PROBLEM STATEMENT: From the line containing "built : (get_trading_client" to the end of the entries, return every line exactly, both ends included, and add nothing.

DATA SHOWN:
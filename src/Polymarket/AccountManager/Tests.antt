-- ===== src/Polymarket/AccountManager/Tests.antt =====
-- The cache of clients on concrete calls: a client is a number.
use poly_holy_market_bot.Prelude.{
  ℕ, ◌≡◌, refl, none, some, [], ◌∷◌, ◌+◌, ◌*◌, arith, Option, or_else,
}
use poly_holy_market_bot.Polymarket.AccountManager.{
  Got, got, raised, no_account_connected, AccountManager, get_trading_client, client_for, put,
  evict, evicted, clear,
}
use poly_holy_market_bot.Polymarket.AccountManager.Isolation.{
  IsValid, here, next, store, empty, Reaches-IsValid, get_trading_client-Owns,
}

abbrev fresh : AccountManager ℕ
fresh = record { ttl = 600; max_clients = 2; cache = []; disposed = [] }

-- The client of account `a` of user `u` is 10 u + a.
abbrev NumberOf : ℕ → ℕ → ℕ → Type 0
NumberOf u a c = c ≡ 10 * u + a

abbrev load : ℕ → ℕ → Got ℕ
load u a = got (10 * u + a)

abbrev no_load : ℕ → ℕ → Got ℕ
no_load u a = raised no_account_connected

abbrev default_account : ℕ → Option ℕ
default_account u = some 1

fresh-IsValid : IsValid NumberOf fresh
fresh-IsValid = record { bounded = omega arith; keyed = tt; owned = tt }

Reaches-IsValid_example : IsValid NumberOf (clear (put 5 7 1 71 fresh))
Reaches-IsValid_example =
    Reaches-IsValid NumberOf fresh (clear (put 5 7 1 71 fresh))
      (next (next here (store fresh 5 7 1 71 refl)) (empty (put 5 7 1 71 fresh))) fresh-IsValid

built : (get_trading_client default_account load 4 5 7 none fresh).0 ≡ got 71
unfolding get_trading_client client_for
built = refl

load_owns : (u a c : ℕ) → load u a ≡ got c → NumberOf u a c
load_owns u a c h = ground arith

get_trading_client-Owns_example :
    (a : ℕ) × (or_else none (default_account 7) ≡ some a) × NumberOf 7 a 71
get_trading_client-Owns_example =
    get_trading_client-Owns NumberOf default_account load 4 5 7 none fresh 71 load_owns
      fresh-IsValid built

-- The third client disposes of the first.
least_recent_goes : (put 9 9 1 91 (put 6 8 1 81 (put 5 7 1 71 fresh))).disposed ≡ 71 ∷ []
unfolding put evict evicted
least_recent_goes = refl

SOLVED EXERCISE:
built : (get_trading_client default_account load 4 5 7 none fresh).0 ≡ got 71
unfolding get_trading_client client_for
built = refl

load_owns : (u a c : ℕ) → load u a ≡ got c → NumberOf u a c
load_owns u a c h = ground arith

get_trading_client-Owns_example :
    (a : ℕ) × (or_else none (default_account 7) ≡ some a) × NumberOf 7 a 71
get_trading_client-Owns_example =
    get_trading_client-Owns NumberOf default_account load 4 5 7 none fresh 71 load_owns
      fresh-IsValid built

-- The third client disposes of the first.
least_recent_goes : (put 9 9 1 91 (put 6 8 1 81 (put 5 7 1 71 fresh))).disposed ≡ 71 ∷ []
unfolding put evict evicted
least_recent_goes = refl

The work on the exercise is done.